Efficacy of Topical Propranolol gel in Infantile Hemangioma
Malumani Malan1, Wu Jianbo2 and Song Ji Quan3*
1 Department of Dermatology and Venereology, Zhongnan Hospital of Wuhan University, China
2 Deputy Head of Department of Dermatology and Venereology, Zhongnan Hospital of Wuhan University, China
3Deputy Head of Department of Dermatology and Venereology, Zhongnan Hospital of Wuhan University, China
Submission: October 06, 2018; Published: November 30, 2018
*Corresponding author: Song Ji Quan, Head of Department of Dermatology and Venereology, Zhongnan Hospital of Wuhan University, China.

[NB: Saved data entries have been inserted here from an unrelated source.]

-- ===== src/Http/Budget.antt =====
-- packages/http-provider/src/HttpProviderFactory.ts with packages/resilience: how many calls of the adapter one request
-- costs, with the retries of the policy and the replay behind a 401.
use iot_miniservers.Prelude.{
  ℕ, zero, suc, ◌+◌, ◌*◌, ◌≤◌, ◌≡◌, refl, Option, none, some, List, [], ◌∷◌, ◌++◌, Text, arith,
  length, length-append,
}
use iot_miniservers.Prelude.Result.{Result, ok, err}
use iot_miniservers.Http.Adapter.{PolicyRequestConfig, wrap_adapter, through_policy-le}
use iot_miniservers.Http.Requests.{
  HttpError, Sent, replayed, marked, prepended, on_error, on_response, with_credentials,
  perform_request,
}
use iot_miniservers.Http.Retries.{perform_request-Within}
use iot_miniservers.Http.Calls.{Instance, Config, dispatch, wire_of}
use iot_miniservers.Http.Carried.{
  IsMeasured, IsPlainConfig, base_lem, described-world, Carried, dispatch-Carried, replayed-IsPlain,
  wire_of-IsPlain,
}

module _ {W Q E C A : Type 0} (calls : W → ℕ) (i : Instance W Q E C A)
    (measured : IsMeasured calls i) where
  dispatch-le :
      (config : Config i) (r : Result Text Q) (w : W)
      → IsPlainConfig i config.request
      → calls (dispatch i config r w).1 ≤ calls w + (i.retry.count + 1)
  unfolding wrap_adapter
  dispatch-le config (err m) w plain = omega arith
  dispatch-le config (ok q) w plain =
      rw (described-world i, base_lem i config.request plain)
        (through_policy-le calls i.env i.attempt_policy measured.frugal (i.default_adapter q)
          (measured.single q) config.request.has_signal i.retry w)

  -- What a run costs, however it ends.
  abbrev Costs : W → Option (Sent W (PolicyRequestConfig W Q E A) A) → Type 0
  Costs w run =
      (o : Sent W (PolicyRequestConfig W Q E A) A)
      → run ≡ some o
      → calls o.world ≤ calls w + (i.retry.count + 1) * length o.sent

  product_add : (k m n : ℕ) → k * m + k * n ≡ k * (m + n)
  product_add k m n = grind arith

  prepended-Costs :
      (sent : List (PolicyRequestConfig W Q E A))
      (run : Option (Sent W (PolicyRequestConfig W Q E A) A)) (v w : W)
      → calls v ≤ calls w + (i.retry.count + 1) * length sent
      → Costs v run
      → Costs w (prepended sent run)
  prepended-Costs sent none v w before rest o e = cc
  prepended-Costs sent (some o') v w before rest o e =
      let same : record o' { sent = sent ++ o'.sent } ≡ o = ground (arith, e) in
      rw (← same, length-append sent o'.sent)
        (omega (
          arith,
          before,
          rest o' refl,
          product_add (i.retry.count + 1) (length sent) (length o'.sent),
        ))

  answered-Costs :
      (r : Result (HttpError (PolicyRequestConfig W Q E A)) A) (v w : W)
      (sent : List (PolicyRequestConfig W Q E A))
      → calls v ≤ calls w + (i.retry.count + 1) * length sent
      → Costs w (some (record { result = r; world = v; sent = sent }))
  answered-Costs r v w sent before o e =
      let same : record { result = r; world = v; sent = sent } ≡ o = ground (arith, e) in
      rw (← same) before

  one_sent :
      (v w : W) (q : PolicyRequestConfig W Q E A)
      → calls v ≤ calls w + (i.retry.count + 1)
      → calls v ≤ calls w + (i.retry.count + 1) * length (q ∷ [])
  one_sent v w q h = grind (arith, h)

  module _ (again : Config i → W → Option (Sent W (PolicyRequestConfig W Q E A) A))
      (costs : (config : Config i) (w : W)
        → IsPlainConfig i config.request
        → Costs w (again config w)) where
    on_error-Costs :
        (e : HttpError (PolicyRequestConfig W Q E A)) (other : Option (Config i)) (v w : W)
        (sent : List (PolicyRequestConfig W Q E A))
        → calls v ≤ calls w + (i.retry.count + 1) * length sent
        → ((c : Config i) → other ≡ some c → IsPlainConfig i c.request)
        → Costs w (on_error (wire_of i) again e other v sent)
    unfolding wire_of
    on_error-Costs e none v w sent before plain = answered-Costs (err e) v w sent before
    on_error-Costs e (some c) v w sent before plain =
        prepended-Costs sent (again (marked c) (i.invalidate v)) (i.invalidate v) w
          (omega (arith, before, measured.forgets v))
          (costs (marked c) (i.invalidate v) (plain c refl))

    on_response-Costs :
        (config : Config i) (r : Result (HttpError (PolicyRequestConfig W Q E A)) A × W) (w : W)
        → calls r.1 ≤ calls w + (i.retry.count + 1)
        → ((e : HttpError (PolicyRequestConfig W Q E A)) → r.0 ≡ err e → Carried i config e)
        → Costs w (on_response (wire_of i) again (config.request ∷ []) r)
    on_response-Costs config (ok a, v) w before carried =
        answered-Costs (ok a) v w (config.request ∷ []) (one_sent v w config.request before)
    on_response-Costs config (err e, v) w before carried =
        on_error-Costs e (replayed e) v w (config.request ∷ []) (one_sent v w config.request before)
          (λ c h. replayed-IsPlain calls i measured config c e (carried e refl) h)

    with_credentials-Costs :
        (config : Config i) (w : W) (r : Result (HttpError (PolicyRequestConfig W Q E A)) C × W)
        → IsPlainConfig i config.request
        → calls r.1 ≡ calls w
        → ((e : HttpError (PolicyRequestConfig W Q E A)) → r.0 ≡ err e → replayed e ≡ none)
        → Costs w (with_credentials (wire_of i) again config r)
    unfolding wire_of
    with_credentials-Costs config w (ok c, v) plain asked refused =
        on_response-Costs config (dispatch i config (i.authorize c config.request.request) v) w
          (omega (arith, asked, dispatch-le config (i.authorize c config.request.request) v plain))
          (λ e h.
            dispatch-Carried calls i measured config (i.authorize c config.request.request) v e
              plain h)
    with_credentials-Costs config w (err e, v) plain asked refused =
        rw (refused e refl) (answered-Costs (err e) v w [] (grind (arith, asked)))

  perform_request-Costs :
      (fuel : ℕ) (config : Config i) (w : W)
      → IsPlainConfig i config.request
      → Costs w (perform_request (wire_of i) fuel config w)
  unfolding perform_request wire_of
  perform_request-Costs zero config w plain = λ o e. cc
  perform_request-Costs (suc fuel) config w plain =
      with_credentials-Costs (perform_request (wire_of i) fuel)
        (λ c v p. perform_request-Costs fuel c v p) config w (i.credentials_of w) plain
        (measured.asks w) (measured.unrefused w)

  doubled : (k n : ℕ) → n ≤ 2 → k * n ≤ 2 * k
  doubled k n h = grind arith

  -- A request of a client whose policy retries always ends, and costs at most twice one more call of
  -- the adapter than there are retries: the replay behind a 401 goes through the policy once, not
  -- through a policy within a policy. It is relied on what IsMeasured says of the surroundings.
  pub perform_request-calls :
      (fuel : ℕ) (config : Config i) (w : W)
      → IsPlainConfig i config.request
      → (o : Sent W (PolicyRequestConfig W Q E A) A) × (perform_request
            (wire_of i)
            (suc (suc fuel))
            config
            w
          ≡ some o)
        × (calls o.world ≤ calls w + 2 * (i.retry.count + 1))
  perform_request-calls fuel config w plain =
      let (o, ended, few) =
        perform_request-Within (wire_of i) (wire_of-IsPlain calls i measured) fuel config w in
      let cost = perform_request-Costs (suc (suc fuel)) config w plain o ended in
      (o, ended, omega (arith, cost, doubled (i.retry.count + 1) (length o.sent) few))
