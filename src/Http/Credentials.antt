-- ===== src/Http/Credentials.antt =====
-- packages/http-provider/src/strategies: TokenExchangeStrategy.ts and JwtSelfSignedStrategy.ts, as a machine over the
-- callers that ask, the calls of `invalidate` and the ends of fetches. `lifetime` is `claims.exp` of a
-- self-signed token; exchanged credentials have none. A fetch (a token request or a signing) has a number; times are in
-- seconds. What follows a fetch (`then` and `finally`) is one step.
use iot_miniservers.Prelude.{
  ℕ, ◌+◌, Bool, true, not, Option, none, some, List, [], ◌∷◌, ◌++◌, map, find, nat_eqb, leb,
  if◌then◌else◌,
}
use iot_miniservers.Prelude.Result.{Result, ok, err}

-- `epoch` tells from when the value is: it is only noted.
pub record Kept (C : Type 0) : Type 0 where
  pub value : C
  pub expires_at : Option ℕ
  pub epoch : ℕ

-- `inFlightCredentials` and `inFlightEpoch`, which are set and cleared together.
pub record Flight : Type 0 where
  pub number : ℕ
  pub flight_epoch : ℕ

pub record Fetch : Type 0 where
  pub number : ℕ
  pub request_epoch : ℕ
  pub waiting : List ℕ

pub record Strategy (C : Type 0) : Type 0 where
  pub cached : Option (Kept C)
  pub in_flight : Option Flight
  pub cache_epoch : ℕ
  pub pending : List Fetch
  pub started : ℕ

pub data Occasion (E C : Type 0) : Type 0 where
  wanted : ℕ → ℕ → Occasion E C
  invalidated : Occasion E C
  fetched : ℕ → ℕ → Result E C → Occasion E C

abbrev pub Answers : Type 0 → Type 0 → Type 0
Answers E C = List (ℕ × Result E C)

-- `!isExpired`, for a time of expiry that is known.
abbrev pub usable : ℕ → Option ℕ → Bool
usable now none = true
usable now (some expires_at) = not (leb expires_at (now + 30))

abbrev pub expiry : Option ℕ → ℕ → Option ℕ
expiry none now = none
expiry (some lifetime) now = some (now + lifetime)

abbrev pub wait_on : ℕ → ℕ → Fetch → Fetch
wait_on number caller f =
    if nat_eqb f.number number then record f { waiting = caller ∷ f.waiting } else f

abbrev pub remove_fetch : ℕ → List Fetch → List Fetch
remove_fetch number [] = []
remove_fetch number (f ∷ fs) = if nat_eqb f.number number then fs else f ∷ remove_fetch number fs

abbrev pub flying : Option Flight → ℕ → Option ℕ
flying none epoch = none
flying (some flight) epoch = if nat_eqb flight.flight_epoch epoch then some flight.number else none

-- The `finally` of a fetch.
abbrev pub clear : ℕ → Option Flight → Option Flight
clear request_epoch none = none
clear request_epoch (some flight) =
    if nat_eqb flight.flight_epoch request_epoch then none else some flight

module _ {C : Type 0} where
  abbrev pub cached_for : ℕ → Option (Kept C) → Option C
  cached_for now none = none
  cached_for now (some kept) = if usable now kept.expires_at then some kept.value else none

  -- A caller joins the fetch in flight, or starts one.
  unfoldable pub join_or_start : ℕ → Option ℕ → Strategy C → Strategy C
  join_or_start caller (some number) s = record s {
    pending = map (wait_on number caller) s.pending;
  }
  join_or_start caller none s = record s {
    in_flight = some (record { number = s.started; flight_epoch = s.cache_epoch });
    pending =
        record { number = s.started; request_epoch = s.cache_epoch; waiting = caller ∷ [] }
        ∷ s.pending;
    started = s.started + 1;
  }

  unfoldable pub invalidate : Strategy C → Strategy C
  invalidate s = record s { cache_epoch = s.cache_epoch + 1; cached = none }

  -- The `then` of a fetch: only an answer for the current epoch is kept.
  abbrev pub keep : {E : Type 0} → Option ℕ → ℕ → ℕ → Result E C → Strategy C → Strategy C
  keep lifetime now request_epoch (err e) s = s
  keep lifetime now request_epoch (ok c) s =
      if nat_eqb s.cache_epoch request_epoch
      then record s {
        cached =
            some (record { value = c; expires_at = expiry lifetime now; epoch = request_epoch });
      }
      else s

module _ {E C : Type 0} where
  abbrev pub answer_or_wait : ℕ → Option C → Strategy C → Answers E C × Strategy C
  answer_or_wait caller (some c) s = ((caller, ok c) ∷ [], s)
  answer_or_wait caller none s = ([], join_or_start caller (flying s.in_flight s.cache_epoch) s)

  unfoldable pub get_credentials : ℕ → ℕ → Strategy C → Answers E C × Strategy C
  get_credentials caller now s = answer_or_wait caller (cached_for now s.cached) s

  module _ (lifetime : Option ℕ) where
    abbrev pub settle_fetch :
        ℕ → ℕ → Result E C → Option Fetch → Strategy C → Answers E C × Strategy C
    settle_fetch number now result none s = ([], s)
    settle_fetch number now result (some f) s = (
      map (λ caller. (caller, result)) f.waiting,
      record (keep lifetime now f.request_epoch result s) {
        in_flight = clear f.request_epoch s.in_flight;
        pending = remove_fetch number s.pending;
      },
    )

    unfoldable pub happen : Occasion E C → Strategy C → Answers E C × Strategy C
    unfolding get_credentials invalidate
    happen (wanted caller now) s = get_credentials caller now s
    happen invalidated s = ([], invalidate s)
    happen (fetched number now result) s =
        settle_fetch number now result (find (λ f. nat_eqb f.number number) s.pending) s

    unfoldable pub happen_all : List (Occasion E C) → Strategy C → Answers E C × Strategy C
    unfolding happen
    happen_all [] s = ([], s)
    happen_all (x ∷ xs) s =
        let (answers, s') = happen x s in
        let (later, s'') = happen_all xs s' in (answers ++ later, s'')

abbrev pub unused : {C : Type 0} → Strategy C
unused = record { cached = none; in_flight = none; cache_epoch = 0; pending = []; started = 0 }
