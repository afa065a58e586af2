-- ===== src/Http/Single.antt =====
-- Which credentials a strategy keeps, and how many fetches it has under way.
use iot_miniservers.Prelude.{
  ℕ, ◌+◌, ◌≤◌, ◌<◌, ◌≡◌, refl, ◌∙◌, inl, inr, false, Option, none, some, Bool-cases, List, [], ◌∷◌,
  map, find, nat_eqb, arith, ltb, if◌then◌else◌,
}
use iot_miniservers.Prelude.Result.{Result, ok, err}
use iot_miniservers.Http.Credentials.{
  Kept, Flight, Fetch, Strategy, Occasion, wanted, invalidated, fetched, wait_on, remove_fetch,
  flying, join_or_start, answer_or_wait, invalidate, keep, clear, get_credentials, settle_fetch,
  happen, happen_all,
}

-- How many fetches of an epoch are under way.
abbrev pub under_way : ℕ → List Fetch → ℕ
under_way epoch [] = 0
under_way epoch (f ∷ fs) =
    let rest = under_way epoch fs in if nat_eqb f.request_epoch epoch then rest + 1 else rest

abbrev pub IsCurrent : {C : Type 0} → ℕ → Option (Kept C) → Type 0
IsCurrent epoch none = Unit {0}
IsCurrent epoch (some kept) = kept.epoch ≡ epoch

abbrev pub IsFlying : ℕ → Option Flight → Type 0
IsFlying epoch none = ⊥
IsFlying epoch (some flight) = flight.flight_epoch ≡ epoch

-- What is kept is of the current epoch; no fetch is of a later one; and at most one is of the current
-- epoch, the one that callers may join.
pub record IsSingle {C : Type 0} (s : Strategy C) : Type 0 where
  pub current : IsCurrent s.cache_epoch s.cached
  pub past : (epoch : ℕ) → s.cache_epoch < epoch → under_way epoch s.pending ≡ 0
  pub single : under_way s.cache_epoch s.pending ≤ 1
  pub joined : 0 < under_way s.cache_epoch s.pending → IsFlying s.cache_epoch s.in_flight

under_way-wait_on :
    (epoch number caller : ℕ) (fs : List Fetch)
    → under_way epoch (map (wait_on number caller) fs) ≡ under_way epoch fs
under_way-wait_on epoch number caller [] = refl
under_way-wait_on epoch number caller (f ∷ fs) = elim (Bool-cases (nat_eqb f.number number)) [
  | inl same ↦ rw (same, under_way-wait_on epoch number caller fs) refl
  | inr other ↦ rw (other, under_way-wait_on epoch number caller fs) refl
]

-- Taking the first fetch with a number away takes away one of its epoch.
under_way-remove_fetch :
    (epoch number : ℕ) (f : Fetch) (fs : List Fetch)
    → find (λ g. nat_eqb g.number number) fs ≡ some f
    → under_way epoch fs
      ≡ under_way epoch (remove_fetch number fs) + (if nat_eqb f.request_epoch epoch then 1 else 0)
under_way-remove_fetch epoch number f [] h = ground (arith, h)
under_way-remove_fetch epoch number f (g ∷ fs) h = elim (Bool-cases (nat_eqb g.number number)) [
  | inl same ↦ ground (arith, h, same)
  | inr other ↦
      let below = under_way-remove_fetch epoch number f fs (ground (arith, h, other)) in
      rw other (ground (arith, below))
]

not_flying :
    (epoch : ℕ) (flight : Option Flight) → flying flight epoch ≡ none → ¬ IsFlying epoch flight
not_flying epoch none h x = x
not_flying epoch (some flight) h x = ground (arith, h, x)

clear-IsFlying :
    (epoch request_epoch : ℕ) (flight : Option Flight)
    → nat_eqb request_epoch epoch ≡ false
    → IsFlying epoch flight
    → IsFlying epoch (clear request_epoch flight)
clear-IsFlying epoch request_epoch none h x = x
clear-IsFlying epoch request_epoch (some flight) h x =
    let other : nat_eqb flight.flight_epoch request_epoch ≡ false = ground (arith, h, x) in
    rw other x

module _ {C : Type 0} where
  none_under_way :
      (s : Strategy C)
      → IsSingle s
      → ¬ IsFlying s.cache_epoch s.in_flight
      → under_way s.cache_epoch s.pending ≡ 0
  none_under_way s w alone = elim (Bool-cases (ltb 0 (under_way s.cache_epoch s.pending))) [
    | inl some_ ↦ absurd (alone (w.joined (ground (arith, some_))))
    | inr empty_ ↦ ground (arith, empty_)
  ]

  join_or_start-IsSingle :
      (caller : ℕ) (joinable : Option ℕ) (s : Strategy C)
      → flying s.in_flight s.cache_epoch ≡ joinable
      → IsSingle s
      → IsSingle (join_or_start caller joinable s)
  unfolding join_or_start
  join_or_start-IsSingle caller (some number) s h w =
      let same = λ (epoch : ℕ). under_way-wait_on epoch number caller s.pending in
      record {
        current = w.current;
        past = λ epoch later. same epoch ∙ w.past epoch later;
        single = rw (same s.cache_epoch) w.single;
        joined = λ more. w.joined (omega (arith, more, same s.cache_epoch));
      }
  join_or_start-IsSingle caller none s h w =
      let free : under_way s.cache_epoch s.pending ≡ 0 =
        none_under_way s w (not_flying s.cache_epoch s.in_flight h) in
      record {
        current = w.current;
        past = λ epoch later. ground (arith, later, w.past epoch later);
        single = ground (arith, free);
        joined = λ more. refl;
      }

  invalidate-IsSingle : (s : Strategy C) → IsSingle s → IsSingle (invalidate s)
  unfolding invalidate
  invalidate-IsSingle s w = record {
    current = tt;
    past = λ epoch later. w.past epoch (omega (arith, later));
    single = omega (arith, w.past (s.cache_epoch + 1) (omega arith));
    joined = λ some_. absurd (omega (arith, some_, w.past (s.cache_epoch + 1) (omega arith)));
  }

module _ {C : Type 0} where
  answer_or_wait-IsSingle :
      (E : Type 0) (caller : ℕ) (c : Option C) (s : Strategy C)
      → IsSingle s
      → IsSingle (answer_or_wait {E = E} caller c s).1
  answer_or_wait-IsSingle E caller none s w = join_or_start-IsSingle caller _ s refl w
  answer_or_wait-IsSingle E caller (some c) s w = w

module _ {E C : Type 0} where
  module _ (lifetime : Option ℕ) where
    keep-epoch :
        (now request_epoch : ℕ) (result : Result E C) (s : Strategy C)
        → ((keep lifetime now request_epoch result s).cache_epoch ≡ s.cache_epoch)
          × ((keep lifetime now request_epoch result s).pending ≡ s.pending)
    keep-epoch now request_epoch (err e) s = (refl, refl)
    keep-epoch now request_epoch (ok c) s =
        elim (Bool-cases (nat_eqb s.cache_epoch request_epoch)) [
          | inl same ↦ rw same (refl, refl)
          | inr other ↦ rw other (refl, refl)
        ]

    keep-IsCurrent :
        (now request_epoch : ℕ) (result : Result E C) (s : Strategy C)
        → IsCurrent s.cache_epoch s.cached
        → IsCurrent s.cache_epoch (keep lifetime now request_epoch result s).cached
    keep-IsCurrent now request_epoch (err e) s h = h
    keep-IsCurrent now request_epoch (ok c) s h =
        elim (Bool-cases (nat_eqb s.cache_epoch request_epoch)) [
          | inl same ↦ rw same (ground (arith, same))
          | inr other ↦ rw other h
        ]

    settle_fetch-IsSingle :
        (number now : ℕ) (result : Result E C) (f : Option Fetch) (s : Strategy C)
        → find (λ g. nat_eqb g.number number) s.pending ≡ f
        → IsSingle s
        → IsSingle (settle_fetch lifetime number now result f s).1
    settle_fetch-IsSingle number now result none s h w = w
    settle_fetch-IsSingle number now result (some f) s h w =
        let epoch = s.cache_epoch in
        let k = keep lifetime now f.request_epoch result s in
        let same : k.cache_epoch ≡ epoch = (keep-epoch now f.request_epoch result s).0 in
        let removed = λ (e : ℕ). under_way-remove_fetch e number f s.pending h in
        record {
          current = rw same (keep-IsCurrent now f.request_epoch result s w.current);
          past = λ e later.
              omega (arith, same, later, removed e, w.past e (omega (arith, same, later)));
          single = rw same (omega (arith, removed epoch, w.single));
          joined = rw same (λ more. elim (Bool-cases (nat_eqb f.request_epoch epoch)) [
            | inl mine ↦ absurd (ground (arith, mine, more, removed epoch, w.single))
            | inr other ↦
                clear-IsFlying epoch f.request_epoch s.in_flight other
                  (w.joined (omega (arith, more, removed epoch)))
          ]);
        }

    happen-IsSingle :
        (x : Occasion E C) (s : Strategy C) → IsSingle s → IsSingle (happen lifetime x s).1
    unfolding happen get_credentials
    happen-IsSingle (wanted caller now) s w = answer_or_wait-IsSingle E caller _ s w
    happen-IsSingle invalidated s w = invalidate-IsSingle s w
    happen-IsSingle (fetched number now result) s w =
        settle_fetch-IsSingle number now result _ s refl w

    -- Whatever callers, invalidations and ends of fetches come in whatever order, what is kept has been asked for since the
    -- last invalidation, and at most one fetch is under way that has been started since then.
    pub happen_all-IsSingle :
        (xs : List (Occasion E C)) (s : Strategy C)
        → IsSingle s
        → IsSingle (happen_all lifetime xs s).1
    unfolding happen_all
    happen_all-IsSingle [] s w = w
    happen_all-IsSingle (x ∷ xs) s w =
        happen_all-IsSingle xs (happen lifetime x s).1 (happen-IsSingle x s w)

How to cite this article: Malumani Malan, Wu Jianbo, Song Ji Quan. Efficacy of Topical Propranolol gel in Infantile Hemangioma. Acad J Ped Neonatol. 2018; 7(3): 555769. DOI: 10.19080/AJPN.2018.07.555769
Abstract
Infantile hemangiomas (IHs) are vascular neoplasms characterized by aberrant proliferation of endothelial cells and abnormal blood vessel architecture, characterized by an initial phase of rapid proliferation followed by an involutional phase. They are the commonest benign neoplasms of infancy. We discuss a cases report of a 7-month old male infant who responded well to topical propranolol gel-ointment which offers a nouvelle, effective and acceptable means of treating Infantile Hemangiomas. Propranolol gel is efficacious in treating IH, with also a low side effects profile or none at all. This case report offers clinicians a quick review and acceptable alternative approach in management of IH.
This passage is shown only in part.